In this directory you'll find all video setting like brightness, contrast etc..

To get the current settings just use the command cat as above:

giometti@jeeg:/proc/driver/ctr1472/0$ cd video/
giometti@jeeg:/proc/driver/ctr1472/0/video$ cat brightness
0 80
1 80
2 80
3 80
giometti@jeeg:/proc/driver/ctr1472/0/video$ cat hue
0 0
1 0
2 0
3 0
giometti@@eeg:/proc/driver/ctr1472/0/video$ cat norm
pal

Please note that all file but norm as per channel while norm is global to the system. In fact you can change brightness, contrast, etc. for each channel but you must change the normalization for the whole system (Note that this setting cover also the other device's functions like, for example, the monitoring).

To change one video setting (but the normalization) use the syntax "channel value", for example:

jeeg:/proc/driver/ctr1472/0/video# cat contrast
0 40
1 40
2 40
3 40
jeeg:/proc/driver/ctr1472/0/video# echo 0 80 > contrast
jeeg:/proc/driver/ctr1472/0/video# cat contrast
0 80
1 40
2 40
3 40

Values must be in [0,255] range.

To set the normalization you can use the syntax:

• pal - Set the PAL normalization.
• ntsc - Set the NTSC normalization.

So, for example to switch form PAL (default) to NTSC use:

jeeg:/proc/driver/ctr1472/0/video# cat norm
pal
jeeg:/proc/driver/ctr1472/0/video# echo ntsc > norm
jeeg:/proc/driver/ctr1472/0/video# cat norm
ntsc

FAQ

General questions

Q1.1)

How I can see my driver version number?

A1.1)

There are several ways:

1. By inserting the driver and looking at your kernel logs:

Jun  7 09:57:56 jeeg kernel: ctr1472:main.c[1009]: Driver for the Eurotech CTR-1
472 - ver. 0.95.0
           ^^^^^^

1. Directly from the source code by using the command:

giometti@jeeg:~/Projects/eurotech/ctr1472$ grep '\<VERSION\>' ctr1472.h
#define VERSION         "0.95.0"

Video encoding questions

Q2.1)

I'm just start encoding on channel 0 (or another one) and I get a stream with a fixed image... what's happen?

A2.1)

Check your video connector since if you start encoding, for instance, on channel 0 and your camera in on channel 3 you get a valid stream but with a fixed image in it.
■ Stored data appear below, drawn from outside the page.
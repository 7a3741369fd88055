-- ===== src/Build/Compose/Ids.antt =====
-- One facility per pool, ordered by id (`compose_facilities` of src/swimzh/build/compose.py).
use swimming_in_zurich.Base.{
  true, false, keep, is_none, Option, none, some, List, [], ◌∷◌, ◌++◌, String, str_eq, str_eq_iff,
  map, ◌≡◌, ◌↔◌, refl, sym, subst, ◌⊎◌, inl, inr, arith, In, In-keep, In-keep_of, In-append,
  In-append_left, In-append_right, Bool-cases,
}
use swimming_in_zurich.Base.Maybe.{Any, Any-Given, Given, >>=-Given}
use swimming_in_zurich.Base.Distinct.{Distinct, sort-Distinct, append-Distinct, keep-Distinct}
use swimming_in_zurich.Base.Sort.{Ascending, In-sort, In-sort_of, sort-Ascending}
use swimming_in_zurich.Text.{str_le}
use swimming_in_zurich.Text.Order.{str_le_total, str_le_trans}
use swimming_in_zurich.Closure.{lookup}
use swimming_in_zurich.Registry.{put}
use swimming_in_zurich.Registry.Index.{lookup-put}
use swimming_in_zurich.Models.{Facility}
use swimming_in_zurich.Build.Bindings.{BySource, merge_basins}
use swimming_in_zurich.Build.Compose.{
  base_of, fold_from, fold, Composition, facilities_by_id, key_of, pool_keys, fold_pools,
  compose_facilities,
}

abbrev pub id_of : Facility → String
id_of f = f.identity.facility_id

-- The dict `facilities_by_id`: each facility under its own id, no key twice.
abbrev keys : List (String × Facility) → List String
keys d = map key_of d

In-keys-put :
    (k key : String) (f : Facility) (d : List (String × Facility))
    → In k (keys (put key f d)) ↔ ((k ≡ key) ⊎ In k (keys d))
unfolding put
In-keys-put k key f [] = (λ m. m, λ m. m)
In-keys-put k key f ((j, g) ∷ rest) = ground (arith, str_eq_iff key j, In-keys-put k key f rest)

put-Distinct :
    (key : String) (f : Facility) (d : List (String × Facility))
    → Distinct (keys d)
    → Distinct (keys (put key f d))
unfolding put
put-Distinct key f [] h = (λ m. m, tt)
put-Distinct key f ((j, g) ∷ rest) h = elim (Bool-cases (str_eq key j)) [
  | inl e ↦ rw e h
  | inr e ↦ rw e (
    λ m. elim ((In-keys-put j key f rest).0 m) [
      | inl same ↦ absurd (cc ((str_eq_iff key j).1 (sym same), e))
      | inr r ↦ h.0 r
    ],
    put-Distinct key f rest h.1,
  )
]

abbrev Own : List (String × Facility) → Type 0
Own d = (k : String) → Given (λ f. id_of f ≡ k) (lookup k d)

put-Own : (f : Facility) (d : List (String × Facility)) → Own d → Own (put (id_of f) f d)
put-Own f d own k =
    subst (Given (λ (x : Facility). id_of x ≡ k)) (sym (lookup-put k (id_of f) f d))
      (elim (Bool-cases (str_eq k (id_of f))) [
        | inl e ↦ rw e (sym ((str_eq_iff k (id_of f)).0 e))
        | inr e ↦ rw e (own k)
      ])

In-keys-by_id :
    (fs : List Facility) (k : String) (d : List (String × Facility))
    → In k (keys (facilities_by_id d fs)) ↔ (In k (keys d) ⊎ In k (map id_of fs))
unfolding facilities_by_id
In-keys-by_id [] k d = (λ m. inl m, λ m. elim m [ inl a ↦ a | inr b ↦ absurd b ])
In-keys-by_id (f ∷ fs) k d =
    ground (arith, In-keys-by_id fs k (put (id_of f) f d), In-keys-put k (id_of f) f d)

facilities_by_id-Distinct :
    (fs : List Facility) (d : List (String × Facility))
    → Distinct (keys d)
    → Distinct (keys (facilities_by_id d fs))
unfolding facilities_by_id
facilities_by_id-Distinct [] d h = h
facilities_by_id-Distinct (f ∷ fs) d h =
    facilities_by_id-Distinct fs _ (put-Distinct (id_of f) f d h)

facilities_by_id-Own :
    (fs : List Facility) (d : List (String × Facility)) → Own d → Own (facilities_by_id d fs)
unfolding facilities_by_id
facilities_by_id-Own [] d h = h
facilities_by_id-Own (f ∷ fs) d h = facilities_by_id-Own fs _ (put-Own f d h)

lookup-In :
    (k : String) (d : List (String × Facility)) → is_none (lookup k d) ≡ false → In k (keys d)
unfolding lookup
lookup-In k [] h = absurd (cc h)
lookup-In k ((j, f) ∷ rest) h = ground (arith, str_eq_iff k j, lookup-In k rest)

lookup-fresh :
    (k : String) (d : List (String × Facility)) → is_none (lookup k d) ≡ true → In k (keys d) → ⊥
unfolding lookup
lookup-fresh k [] h m = m
lookup-fresh k ((j, f) ∷ rest) h m = ground (arith, str_eq_iff k j, lookup-fresh k rest)

abbrev Named : String → Facility × List String → Type 0
Named k (f, _) = id_of f ≡ k

abbrev Lists : List String → Composition → Type 0
Lists ks comp = map id_of comp.facilities ≡ ks

module _ (c s : List (String × Facility)) where
  -- The keys of `s` that `c` has not.
  abbrev others : List String
  others = keep (λ k. is_none (lookup k c)) (keys s)

  In-pool_keys : (k : String) → In k (pool_keys c s) ↔ (In k (keys c) ⊎ In k (keys s))
  unfolding pool_keys
  In-pool_keys k = (to, from)
    where
      to : In k (pool_keys c s) → In k (keys c) ⊎ In k (keys s)
      to m = elim (In-append k (keys c) others (In-sort str_le k (keys c ++ others) m)) [
        | inl a ↦ inl a
        | inr b ↦ inr (In-keep (λ j. is_none (lookup j c)) k (keys s) b).0
      ]

      either : In k (keys c) ⊎ In k (keys s) → In k (keys c ++ others)
      either (inl a) = In-append_left k (keys c) others a
      either (inr b) = elim (Bool-cases (is_none (lookup k c))) [
        | inl e ↦
            In-append_right k (keys c) others
              (In-keep_of (λ j. is_none (lookup j c)) k (keys s) b e)
        | inr e ↦ In-append_left k (keys c) others (lookup-In k c e)
      ]

      from : In k (keys c) ⊎ In k (keys s) → In k (pool_keys c s)
      from m = In-sort_of str_le k (keys c ++ others) (either m)

  pool_keys-Ascending : Ascending str_le (pool_keys c s)
  unfolding pool_keys
  pool_keys-Ascending = sort-Ascending str_le str_le_total str_le_trans (keys c ++ others)

  pool_keys-Distinct : Distinct (keys c) → Distinct (keys s) → Distinct (pool_keys c s)
  unfolding pool_keys
  pool_keys-Distinct d e = sort-Distinct (keys c ++ others) (
      append-Distinct (keys c) others d (keep-Distinct (λ k. is_none (lookup k c)) (keys s) e)
        (λ k m n. lookup-fresh k c (In-keep (λ j. is_none (lookup j c)) k (keys s) n).1 m))

  base_of-Own :
      (k : String) (a b : Option Facility)
      → Given (λ f. id_of f ≡ k) a
      → Given (λ f. id_of f ≡ k) b
      → Given (λ f. id_of f ≡ k) (base_of (record { curated = a; scraped = b }))
  base_of-Own k none b h g = g
  base_of-Own k (some a) b h g = h

  fold-Named :
      (k : String)
      → Own c
      → Own s
      → Given (Named k) (fold (record { curated = lookup k c; scraped = lookup k s }))
  unfolding fold fold_from
  fold-Named k own_c own_s =
      >>=-Given (λ (f : Facility). id_of f ≡ k) (Named k) (base_of by_source) _
        (base_of-Own k (lookup k c) (lookup k s) (own_c k) (own_s k))
        λ base e.
          >>=-Given Any (Named k) (merge_basins by_source) _ (Any-Given (merge_basins by_source))
            λ merged _. e
    where
      by_source : BySource
      by_source = record { curated = lookup k c; scraped = lookup k s }

  fold_pools-Lists : (ks : List String) → Own c → Own s → Given (Lists ks) (fold_pools c s ks)
  unfolding fold_pools
  fold_pools-Lists [] own_c own_s = refl
  fold_pools-Lists (k ∷ ks) own_c own_s =
      >>=-Given (Named k) (Lists (k ∷ ks))
        (fold (record { curated = lookup k c; scraped = lookup k s })) _ (fold-Named k own_c own_s)
        λ one e.
          >>=-Given (Lists ks) (Lists (k ∷ ks)) (fold_pools c s ks) _
            (fold_pools-Lists ks own_c own_s) λ rest same. cong_cons e same
    where
      cong_cons : {a b : String} {xs ys : List String} → a ≡ b → xs ≡ ys → (a ∷ xs) ≡ (b ∷ ys)
      cong_cons h g = cc

-- When facilities are composed, the ids of the result ascend and none is there twice, and they are
-- exactly the ids of the curated and of the scraped facilities: one facility per pool, none lost.
pub compose_facilities_ids :
    (curated scraped : List Facility) (comp : Composition)
    → compose_facilities curated scraped ≡ some comp
    → let ids = map id_of comp.facilities in
      Ascending str_le ids
      × Distinct ids
      × ((k : String) → In k ids ↔ (In k (map id_of curated) ⊎ In k (map id_of scraped)))
unfolding compose_facilities lookup
compose_facilities_ids curated scraped comp h = subst Good (sym same) (ascending, distinct, exact)
  where
    Good : List String → Type 0
    Good ids =
        Ascending str_le ids
        × Distinct ids
        × ((k : String) → In k ids ↔ (In k (map id_of curated) ⊎ In k (map id_of scraped)))

    c : List (String × Facility)
    c = facilities_by_id [] curated

    s : List (String × Facility)
    s = facilities_by_id [] scraped

    same : map id_of comp.facilities ≡ pool_keys c s
    same = subst (Given (Lists (pool_keys c s))) h (
        fold_pools-Lists c s (pool_keys c s) (facilities_by_id-Own curated [] (λ k. tt))
          (facilities_by_id-Own scraped [] (λ k. tt)))

    ascending : Ascending str_le (pool_keys c s)
    ascending = pool_keys-Ascending c s

    distinct : Distinct (pool_keys c s)
    distinct =
        pool_keys-Distinct c s (facilities_by_id-Distinct curated [] tt)
          (facilities_by_id-Distinct scraped [] tt)

    exact :
        (k : String) → In k (pool_keys c s) ↔ (In k (map id_of curated) ⊎ In k (map id_of scraped))
    exact k =
        ground (arith, In-pool_keys c s k, In-keys-by_id curated k [], In-keys-by_id scraped k [])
Q2.2) Christopher J. Wasniak

During MPEG encoding I'm getting a video overflow error into kernel messages as below:

ctr1472: video memory overflow!

A2.2)

You get this error whenever your application loose too much time in reading encoding stream or when your system setup is wrong and the CPU is not receveing IRQs from the CTR-1472.
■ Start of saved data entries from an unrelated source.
-- ===== src/Build/Reconcile.antt =====
-- src/swimzh/build/reconcile.py: references of the providers to pool ids, by look-up. The `repr` of a
-- string is the interpreter's. A dict keyed by a pair is the list of its items.
use swimming_in_zurich.Base.{
  Bool, true, ◌&&◌, if◌then◌else◌, Option, none, some, List, [], ◌∷◌, ◌++◌, String, str_eq,
}
use swimming_in_zurich.Text.{join, normalize}
use swimming_in_zurich.Closure.{lookup}
use swimming_in_zurich.Registry.{put}
use swimming_in_zurich.Errors.{Result, ok, err, ProviderError, schema_mismatch}
pub mod Batch

pub data SourceRef : Type 0 where
  xref : (namespace ext_id : String) → SourceRef
  name : (display : String) → SourceRef

pub record Crosswalk : Type 0 where
  pub xrefs : List ((String × String) × String)
  pub alias : List (String × String)

-- `d.get((a, b))`
unfoldable pub pair_at : String → String → List ((String × String) × String) → Option String
pair_at a b [] = none
pair_at a b (((c, d), v) ∷ rest) = if str_eq a c && str_eq b d then some v else pair_at a b rest

-- `d[(a, b)] = value`
unfoldable pub put_pair :
    String → String → String → List ((String × String) × String) → List ((String × String) × String)
put_pair a b value [] = ((a, b), value) ∷ []
put_pair a b value (((c, d), v) ∷ rest) =
    if str_eq a c && str_eq b d
    then ((c, d), value) ∷ rest
    else ((c, d), v) ∷ put_pair a b value rest

pub data Resolution : Type 0 where
  matched : (pool_id : String) → Resolution
  not_found : (error : ProviderError) → Resolution

unfoldable pub unresolved_xref : (String → String) → String → String → ProviderError
unfolding join
unresolved_xref repr namespace ext_id =
    schema_mismatch "reconcile"
      (join "" ("unresolved xref: namespace=" ∷ repr namespace ∷ " ext_id=" ∷ repr ext_id ∷ []))

unfoldable pub unresolved_name : (String → String) → String → ProviderError
unfolding join
unresolved_name repr display =
    schema_mismatch "reconcile" (join "" ("unresolved name (no alias): " ∷ repr display ∷ []))

-- `if pool_id is None: return _NotFound(error)`
abbrev pub found_or : ProviderError → Option String → Resolution
found_or error none = not_found error
found_or error (some pool_id) = matched pool_id

-- `_classify`
unfoldable pub classify : (String → String) → (String → String) → SourceRef → Crosswalk → Resolution
unfolding pair_at lookup normalize unresolved_xref unresolved_name
classify casefold repr (xref namespace ext_id) crosswalk =
    found_or (unresolved_xref repr namespace ext_id) (pair_at namespace ext_id crosswalk.xrefs)
classify casefold repr (name display) crosswalk =
    found_or (unresolved_name repr display) (lookup (normalize casefold display) crosswalk.alias)

abbrev pub resolution_result : Resolution → Result String ProviderError
resolution_result (matched pool_id) = ok pool_id
resolution_result (not_found error) = err error

unfoldable pub resolve :
    (String → String) → (String → String) → SourceRef → Crosswalk → Result String ProviderError
unfolding classify
resolve casefold repr ref crosswalk = resolution_result (classify casefold repr ref crosswalk)

-- `_ref_label`
unfoldable pub ref_label : SourceRef → String
unfolding join
ref_label (xref namespace ext_id) = join "" (namespace ∷ ":" ∷ ext_id ∷ [])
ref_label (name display) = display

pub record ReconcileOutcome (Payload : Type 0) : Type 0 where
  pub resolved : List (String × Payload)
  pub unresolved : List String

-- The body of the loop of `resolve_all`.
abbrev pub take_extract :
    {P : Type 0} → SourceRef → P → Resolution → ReconcileOutcome P → ReconcileOutcome P
take_extract ref payload (matched pool_id) outcome = record {
  resolved = outcome.resolved ++ ((pool_id, payload) ∷ []);
  unresolved = outcome.unresolved;
}
take_extract ref payload (not_found _) outcome = record {
  resolved = outcome.resolved;
  unresolved = outcome.unresolved ++ (ref_label ref ∷ []);
}

unfoldable pub resolve_each :
    {P : Type 0}
    → (String → String)
    → (String → String)
    → Crosswalk
    → List (SourceRef × P)
    → ReconcileOutcome P
    → ReconcileOutcome P
unfolding classify
resolve_each casefold repr crosswalk [] outcome = outcome
resolve_each casefold repr crosswalk ((ref, payload) ∷ extracts) outcome =
    resolve_each casefold repr crosswalk extracts
      (take_extract ref payload (classify casefold repr ref crosswalk) outcome)

unfoldable pub resolve_all :
    {P : Type 0}
    → (String → String)
    → (String → String)
    → List (SourceRef × P)
    → Crosswalk
    → Result (ReconcileOutcome P) ProviderError
unfolding resolve_each
resolve_all casefold repr extracts crosswalk =
    ok (resolve_each casefold repr crosswalk extracts (record { resolved = []; unresolved = [] }))

unfoldable pub alias_from : List (String × String) → List (String × String) → List (String × String)
unfolding put
alias_from d [] = d
alias_from d ((norm, pool_id) ∷ rows) = alias_from (put norm pool_id d) rows

unfoldable pub xref_from :
    List ((String × String) × String)
    → List ((String × String) × String)
    → List ((String × String) × String)
unfolding put_pair
xref_from d [] = d
xref_from d (((namespace, ext_id), pool_id) ∷ rows) =
    xref_from (put_pair namespace ext_id pool_id d) rows

unfoldable pub crosswalk_from_rows :
    List (String × String) → List ((String × String) × String) → Crosswalk
unfolding alias_from xref_from
crosswalk_from_rows alias_rows xref_rows = record {
  xrefs = xref_from [] xref_rows;
  alias = alias_from [] alias_rows;
}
First of all check if CTR-1472's IRQ line is working and the signal reaches the CPU. See file /proc/interrups as follow:

giometti@jeeg:~/ctr1472$ grep ctr1472 /proc/interrupts 
  9:          124          XT-PIC  ctr1472#0

and if everything goes well during encoding you should see the second number is increasing. If not, verify into your system settings if the IRQ line is enabled and connected to the PCI bus (please, refere to your CPU manual pages).
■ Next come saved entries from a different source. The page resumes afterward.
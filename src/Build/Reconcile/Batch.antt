-- ===== src/Build/Reconcile/Batch.antt =====
-- What a batch of extracts becomes (`resolve_all` of src/swimzh/build/reconcile.py).
use swimming_in_zurich.Base.{List, [], ◌∷◌, ◌++◌, String, ◌≡◌, refl, ap, ◌∙◌}
use swimming_in_zurich.Errors.{Result, ok, err, ProviderError}
use swimming_in_zurich.Build.Reconcile.{
  SourceRef, Crosswalk, Resolution, matched, not_found, classify, resolve, ref_label,
  ReconcileOutcome, take_extract, resolve_each, resolve_all,
}

abbrev pub missed_by : SourceRef → Result String ProviderError → List String → List String
missed_by ref (ok _) rest = rest
missed_by ref (err _) rest = ref_label ref ∷ rest

module _ {P : Type 0} (casefold repr : String → String) (crosswalk : Crosswalk) where
  -- The keyed payloads of the extracts that resolve, in order.
  abbrev pub keyed_by :
      SourceRef → P → Result String ProviderError → List (String × P) → List (String × P)
  keyed_by ref payload (ok pool_id) rest = (pool_id, payload) ∷ rest
  keyed_by ref payload (err _) rest = rest

  abbrev pub keyed : List (SourceRef × P) → List (String × P)
  keyed [] = []
  keyed ((ref, payload) ∷ rest) =
      keyed_by ref payload (resolve casefold repr ref crosswalk) (keyed rest)

  -- The labels of those that do not, in order.
  abbrev pub missed : List (SourceRef × P) → List String
  missed [] = []
  missed ((ref, _) ∷ rest) = missed_by ref (resolve casefold repr ref crosswalk) (missed rest)

append_assoc : {A : Type 0} (xs ys zs : List A) → (xs ++ ys) ++ zs ≡ xs ++ (ys ++ zs)
append_assoc [] ys zs = refl
append_assoc (x ∷ xs) ys zs = ap (λ t. x ∷ t) (append_assoc xs ys zs)

append_nil : {A : Type 0} (xs : List A) → xs ++ [] ≡ xs
append_nil [] = refl
append_nil (x ∷ xs) = ap (λ t. x ∷ t) (append_nil xs)

module _ {P : Type 0} (casefold repr : String → String) (crosswalk : Crosswalk) where
  -- The outcome after the extracts, for an outcome before them.
  abbrev then_all : ReconcileOutcome P → List (SourceRef × P) → ReconcileOutcome P
  then_all outcome extracts = record {
    resolved = outcome.resolved ++ keyed casefold repr crosswalk extracts;
    unresolved = outcome.unresolved ++ missed casefold repr crosswalk extracts;
  }

  take_extract-then_all :
      (ref : SourceRef) (payload : P) (r : Resolution) (rest : List (SourceRef × P))
      (outcome : ReconcileOutcome P)
      → classify casefold repr ref crosswalk ≡ r
      → then_all (take_extract ref payload r outcome) rest
        ≡ then_all outcome ((ref, payload) ∷ rest)
  unfolding resolve
  take_extract-then_all ref payload (matched pool_id) rest outcome e =
      rw
        (
          e,
          append_assoc outcome.resolved ((pool_id, payload) ∷ [])
              (keyed casefold repr crosswalk rest),
        )
        refl
  take_extract-then_all ref payload (not_found error) rest outcome e =
      rw
        (
          e,
          append_assoc outcome.unresolved (ref_label ref ∷ [])
              (missed casefold repr crosswalk rest),
        )
        refl

  resolve_each-then_all :
      (extracts : List (SourceRef × P)) (outcome : ReconcileOutcome P)
      → resolve_each casefold repr crosswalk extracts outcome ≡ then_all outcome extracts
  unfolding resolve_each
  resolve_each-then_all [] outcome =
      rw (append_nil outcome.resolved, append_nil outcome.unresolved) refl
  resolve_each-then_all ((ref, payload) ∷ rest) outcome =
      resolve_each-then_all rest
        (take_extract ref payload (classify casefold repr ref crosswalk) outcome)
      ∙ take_extract-then_all ref payload (classify casefold repr ref crosswalk) rest outcome refl

  -- A batch never fails. Its outcome has the payloads of the references that resolve on their own,
  -- each under its pool id, and the labels of the others, both in the order of the extracts.
  pub resolve_all-keyed :
      (extracts : List (SourceRef × P))
      → resolve_all casefold repr extracts crosswalk
        ≡ ok (record {
          resolved = keyed casefold repr crosswalk extracts;
          unresolved = missed casefold repr crosswalk extracts;
        })
  unfolding resolve_all
  resolve_all-keyed extracts = ap ok (resolve_each-then_all extracts _)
On the other hand, if the IRQs are ok, then your application is not quick enought to empty internal CTR-1472's buffers and MPEG encoding is stopped and the error message above is displayed into kernel log.

You have two possibilities:

1. run more quikly your application, or
2. enlarge CTR-1472's buffers by setting define VIDEO_MEM_BLOCKS to higher value at complition time or setting v_blocks to higher value at driver load (modprobe/insmod) time.

Q2.3)

I'd like to use video4linux and/or video4linux2 applications with this driver, is it possible?

A2.3)

No. Internal CTR-1472 encoding chip has a proper audio/video data encoding which is totally incompatible with the video4linux nor video4linux2 interface.

Q2.4)

Running the encoding utility I notice that the CPU load goes toward 60-70%, why?

A2.4)

Utility encoding requires to get a fixed amount of data aven if the driver has something more to return, this cause the driver never stops in waiting data and the CPU is always running. Utility encoding is just a testing tool.

If you wish a better performance you need to rewrite the encoding tool in order to correctly manage the incoming data buffers to suite your needs.